START Material supplied
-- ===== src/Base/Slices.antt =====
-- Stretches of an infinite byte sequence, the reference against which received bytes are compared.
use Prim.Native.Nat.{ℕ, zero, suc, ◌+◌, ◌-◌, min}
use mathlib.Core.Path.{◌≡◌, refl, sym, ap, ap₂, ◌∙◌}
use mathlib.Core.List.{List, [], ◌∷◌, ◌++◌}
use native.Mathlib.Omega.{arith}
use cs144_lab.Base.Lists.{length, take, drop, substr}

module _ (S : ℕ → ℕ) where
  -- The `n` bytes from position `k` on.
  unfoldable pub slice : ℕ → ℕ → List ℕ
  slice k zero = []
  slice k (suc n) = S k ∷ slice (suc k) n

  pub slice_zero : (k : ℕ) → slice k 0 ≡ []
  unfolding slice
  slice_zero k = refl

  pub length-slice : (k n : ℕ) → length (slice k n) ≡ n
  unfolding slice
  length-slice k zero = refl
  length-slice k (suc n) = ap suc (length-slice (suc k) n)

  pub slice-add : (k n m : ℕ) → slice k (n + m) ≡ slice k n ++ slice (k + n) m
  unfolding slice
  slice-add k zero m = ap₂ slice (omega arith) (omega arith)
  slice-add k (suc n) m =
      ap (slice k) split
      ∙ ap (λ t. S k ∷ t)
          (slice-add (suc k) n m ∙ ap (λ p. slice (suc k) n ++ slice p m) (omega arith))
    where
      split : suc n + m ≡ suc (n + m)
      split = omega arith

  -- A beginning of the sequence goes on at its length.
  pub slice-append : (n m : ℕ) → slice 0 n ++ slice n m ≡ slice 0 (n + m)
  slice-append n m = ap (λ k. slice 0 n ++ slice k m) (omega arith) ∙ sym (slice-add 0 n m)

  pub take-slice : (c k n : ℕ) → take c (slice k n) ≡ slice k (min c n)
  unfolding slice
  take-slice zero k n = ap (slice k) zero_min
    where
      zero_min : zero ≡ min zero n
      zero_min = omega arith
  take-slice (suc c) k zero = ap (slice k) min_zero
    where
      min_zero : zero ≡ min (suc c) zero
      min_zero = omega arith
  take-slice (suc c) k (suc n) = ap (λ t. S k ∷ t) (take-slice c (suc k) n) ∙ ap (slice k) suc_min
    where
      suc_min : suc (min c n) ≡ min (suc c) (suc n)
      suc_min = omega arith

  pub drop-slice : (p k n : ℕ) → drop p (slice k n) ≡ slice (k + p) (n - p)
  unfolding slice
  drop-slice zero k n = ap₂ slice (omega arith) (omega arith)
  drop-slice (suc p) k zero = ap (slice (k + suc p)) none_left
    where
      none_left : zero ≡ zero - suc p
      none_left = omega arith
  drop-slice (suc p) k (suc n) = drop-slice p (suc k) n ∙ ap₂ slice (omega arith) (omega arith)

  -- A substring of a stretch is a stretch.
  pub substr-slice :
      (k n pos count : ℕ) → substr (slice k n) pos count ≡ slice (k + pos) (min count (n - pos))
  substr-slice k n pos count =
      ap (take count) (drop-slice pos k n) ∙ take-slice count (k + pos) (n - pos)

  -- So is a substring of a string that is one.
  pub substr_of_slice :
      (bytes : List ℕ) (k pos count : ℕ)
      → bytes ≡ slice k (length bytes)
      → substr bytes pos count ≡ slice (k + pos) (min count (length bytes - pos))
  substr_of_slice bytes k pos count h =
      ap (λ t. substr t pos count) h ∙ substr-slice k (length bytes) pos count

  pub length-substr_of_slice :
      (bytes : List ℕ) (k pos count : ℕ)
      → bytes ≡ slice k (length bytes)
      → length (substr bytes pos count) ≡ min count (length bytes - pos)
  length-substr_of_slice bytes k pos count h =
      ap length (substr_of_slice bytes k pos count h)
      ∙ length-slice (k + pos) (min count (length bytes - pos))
END Material supplied
START Material supplied
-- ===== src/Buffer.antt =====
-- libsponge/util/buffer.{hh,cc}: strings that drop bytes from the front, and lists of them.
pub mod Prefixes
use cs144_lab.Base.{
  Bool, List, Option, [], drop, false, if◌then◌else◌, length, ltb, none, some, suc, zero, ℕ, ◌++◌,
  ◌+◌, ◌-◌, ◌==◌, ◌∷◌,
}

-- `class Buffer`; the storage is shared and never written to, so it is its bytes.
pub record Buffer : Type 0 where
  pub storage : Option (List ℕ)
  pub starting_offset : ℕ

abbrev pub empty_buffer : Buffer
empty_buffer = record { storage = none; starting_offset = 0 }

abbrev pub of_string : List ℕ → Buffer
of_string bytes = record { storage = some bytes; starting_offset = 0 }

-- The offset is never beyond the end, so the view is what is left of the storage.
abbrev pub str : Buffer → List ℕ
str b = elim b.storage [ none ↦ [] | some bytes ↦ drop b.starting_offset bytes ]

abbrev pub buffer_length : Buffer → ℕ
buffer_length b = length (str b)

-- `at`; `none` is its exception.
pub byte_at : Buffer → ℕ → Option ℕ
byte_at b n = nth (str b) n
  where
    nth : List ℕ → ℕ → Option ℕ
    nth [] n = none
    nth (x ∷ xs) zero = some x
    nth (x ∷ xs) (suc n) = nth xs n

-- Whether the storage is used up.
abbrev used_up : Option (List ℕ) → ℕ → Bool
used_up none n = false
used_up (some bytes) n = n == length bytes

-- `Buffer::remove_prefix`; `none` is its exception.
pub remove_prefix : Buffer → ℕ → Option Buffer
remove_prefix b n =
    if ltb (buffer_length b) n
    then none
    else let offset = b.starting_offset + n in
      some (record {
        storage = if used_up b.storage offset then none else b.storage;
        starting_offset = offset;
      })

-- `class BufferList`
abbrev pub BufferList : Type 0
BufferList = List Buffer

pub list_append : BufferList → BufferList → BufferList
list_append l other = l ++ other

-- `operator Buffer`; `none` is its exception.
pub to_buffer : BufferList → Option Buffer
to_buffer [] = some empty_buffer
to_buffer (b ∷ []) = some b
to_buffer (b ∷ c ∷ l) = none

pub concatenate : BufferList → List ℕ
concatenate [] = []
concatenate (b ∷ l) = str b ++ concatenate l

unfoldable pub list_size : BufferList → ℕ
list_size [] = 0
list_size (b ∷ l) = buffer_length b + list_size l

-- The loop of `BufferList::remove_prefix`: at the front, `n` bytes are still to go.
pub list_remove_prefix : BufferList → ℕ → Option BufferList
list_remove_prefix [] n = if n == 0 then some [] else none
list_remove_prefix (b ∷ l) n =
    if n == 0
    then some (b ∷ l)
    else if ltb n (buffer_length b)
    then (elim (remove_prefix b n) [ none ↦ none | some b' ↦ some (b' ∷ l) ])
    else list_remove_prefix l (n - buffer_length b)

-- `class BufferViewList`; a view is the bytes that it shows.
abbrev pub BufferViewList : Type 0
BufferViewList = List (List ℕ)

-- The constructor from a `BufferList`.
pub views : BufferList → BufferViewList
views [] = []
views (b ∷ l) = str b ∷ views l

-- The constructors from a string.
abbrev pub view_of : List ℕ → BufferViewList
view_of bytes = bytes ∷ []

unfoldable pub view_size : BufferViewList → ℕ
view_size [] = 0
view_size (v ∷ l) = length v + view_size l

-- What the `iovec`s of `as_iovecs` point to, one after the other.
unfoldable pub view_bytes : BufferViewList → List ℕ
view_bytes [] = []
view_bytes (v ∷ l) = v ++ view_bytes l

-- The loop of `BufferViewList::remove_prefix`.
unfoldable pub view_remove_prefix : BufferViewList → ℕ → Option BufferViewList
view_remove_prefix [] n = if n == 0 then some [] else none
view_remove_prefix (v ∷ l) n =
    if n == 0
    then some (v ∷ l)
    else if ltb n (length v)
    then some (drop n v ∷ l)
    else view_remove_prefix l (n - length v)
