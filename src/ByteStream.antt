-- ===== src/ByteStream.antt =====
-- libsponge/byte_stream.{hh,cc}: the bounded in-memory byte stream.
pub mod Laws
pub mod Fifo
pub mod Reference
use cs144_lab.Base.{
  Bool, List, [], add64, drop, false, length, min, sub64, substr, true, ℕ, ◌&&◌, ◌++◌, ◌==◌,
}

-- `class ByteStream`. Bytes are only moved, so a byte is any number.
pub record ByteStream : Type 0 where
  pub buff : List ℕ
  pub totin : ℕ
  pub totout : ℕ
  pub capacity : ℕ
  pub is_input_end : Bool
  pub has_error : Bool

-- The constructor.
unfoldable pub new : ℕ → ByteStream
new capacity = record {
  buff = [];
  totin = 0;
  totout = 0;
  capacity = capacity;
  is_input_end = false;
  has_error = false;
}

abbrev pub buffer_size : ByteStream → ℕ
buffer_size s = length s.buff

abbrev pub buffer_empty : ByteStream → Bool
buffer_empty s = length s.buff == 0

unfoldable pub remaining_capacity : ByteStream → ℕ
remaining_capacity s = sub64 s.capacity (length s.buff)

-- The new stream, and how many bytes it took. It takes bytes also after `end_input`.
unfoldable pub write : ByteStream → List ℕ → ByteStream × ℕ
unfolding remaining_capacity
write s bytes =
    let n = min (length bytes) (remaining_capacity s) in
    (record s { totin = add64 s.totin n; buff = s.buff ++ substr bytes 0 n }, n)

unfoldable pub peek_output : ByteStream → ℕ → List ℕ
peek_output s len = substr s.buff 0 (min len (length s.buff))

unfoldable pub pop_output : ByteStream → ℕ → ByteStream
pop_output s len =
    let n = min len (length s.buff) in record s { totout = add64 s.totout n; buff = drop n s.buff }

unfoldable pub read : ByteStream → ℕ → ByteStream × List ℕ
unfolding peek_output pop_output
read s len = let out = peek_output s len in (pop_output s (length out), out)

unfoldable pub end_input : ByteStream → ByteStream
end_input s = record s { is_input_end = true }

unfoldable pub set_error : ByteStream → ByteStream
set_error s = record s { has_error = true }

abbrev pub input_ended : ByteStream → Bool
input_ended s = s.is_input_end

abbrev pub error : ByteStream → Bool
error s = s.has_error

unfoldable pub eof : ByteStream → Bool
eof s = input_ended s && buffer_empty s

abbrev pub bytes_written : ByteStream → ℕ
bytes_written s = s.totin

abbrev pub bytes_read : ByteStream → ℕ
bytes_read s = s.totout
END Material supplied
START Material supplied
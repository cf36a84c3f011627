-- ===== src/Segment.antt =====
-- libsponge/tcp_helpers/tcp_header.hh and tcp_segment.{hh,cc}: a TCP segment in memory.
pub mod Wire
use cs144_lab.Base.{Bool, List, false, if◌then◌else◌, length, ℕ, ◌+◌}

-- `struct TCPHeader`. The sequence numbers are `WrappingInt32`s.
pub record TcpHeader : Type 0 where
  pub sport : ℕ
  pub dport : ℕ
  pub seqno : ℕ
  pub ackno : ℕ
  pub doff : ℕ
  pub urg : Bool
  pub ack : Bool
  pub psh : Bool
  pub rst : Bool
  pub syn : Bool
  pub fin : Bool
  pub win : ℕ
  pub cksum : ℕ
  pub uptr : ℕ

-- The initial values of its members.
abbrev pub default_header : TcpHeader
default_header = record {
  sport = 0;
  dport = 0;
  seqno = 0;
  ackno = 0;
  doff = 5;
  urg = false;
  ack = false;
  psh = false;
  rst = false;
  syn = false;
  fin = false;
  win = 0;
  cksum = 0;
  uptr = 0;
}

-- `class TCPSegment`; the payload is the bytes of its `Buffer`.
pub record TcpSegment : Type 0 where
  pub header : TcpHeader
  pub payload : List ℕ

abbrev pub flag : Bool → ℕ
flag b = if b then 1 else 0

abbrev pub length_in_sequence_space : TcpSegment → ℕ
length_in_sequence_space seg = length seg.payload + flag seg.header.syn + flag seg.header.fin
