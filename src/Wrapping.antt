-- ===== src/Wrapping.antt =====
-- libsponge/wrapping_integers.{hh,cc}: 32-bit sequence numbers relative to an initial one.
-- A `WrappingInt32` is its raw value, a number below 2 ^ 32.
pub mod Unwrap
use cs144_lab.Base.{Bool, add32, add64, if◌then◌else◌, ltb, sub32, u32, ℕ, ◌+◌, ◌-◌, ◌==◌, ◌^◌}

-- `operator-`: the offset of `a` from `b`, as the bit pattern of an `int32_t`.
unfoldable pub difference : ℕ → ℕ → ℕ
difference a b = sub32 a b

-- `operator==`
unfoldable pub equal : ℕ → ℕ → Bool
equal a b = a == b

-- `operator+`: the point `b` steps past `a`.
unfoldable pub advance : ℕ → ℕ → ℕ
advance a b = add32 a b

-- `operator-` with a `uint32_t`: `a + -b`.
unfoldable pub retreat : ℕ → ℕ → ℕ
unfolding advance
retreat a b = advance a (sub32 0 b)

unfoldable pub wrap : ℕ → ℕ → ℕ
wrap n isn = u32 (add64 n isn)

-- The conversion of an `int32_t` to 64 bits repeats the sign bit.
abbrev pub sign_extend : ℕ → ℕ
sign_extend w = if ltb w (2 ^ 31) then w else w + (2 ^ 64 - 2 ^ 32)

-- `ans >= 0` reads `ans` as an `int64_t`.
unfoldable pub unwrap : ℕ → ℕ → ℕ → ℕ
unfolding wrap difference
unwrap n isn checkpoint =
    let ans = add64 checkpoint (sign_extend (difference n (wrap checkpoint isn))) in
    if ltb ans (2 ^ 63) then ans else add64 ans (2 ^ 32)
END Material supplied
[Task to complete]
Show the lines of the records that include the string "Option".

[Reply]
  Bool, List, Option, [], drop, false, if◌then◌else◌, length, ltb, none, some, suc, zero, ℕ, ◌++◌,
  pub storage : Option (List ℕ)
pub byte_at : Buffer → ℕ → Option ℕ
    nth : List ℕ → ℕ → Option ℕ
abbrev used_up : Option (List ℕ) → ℕ → Bool
pub remove_prefix : Buffer → ℕ → Option Buffer
pub to_buffer : BufferList → Option Buffer
pub list_remove_prefix : BufferList → ℕ → Option BufferList
unfoldable pub view_remove_prefix : BufferViewList → ℕ → Option BufferViewList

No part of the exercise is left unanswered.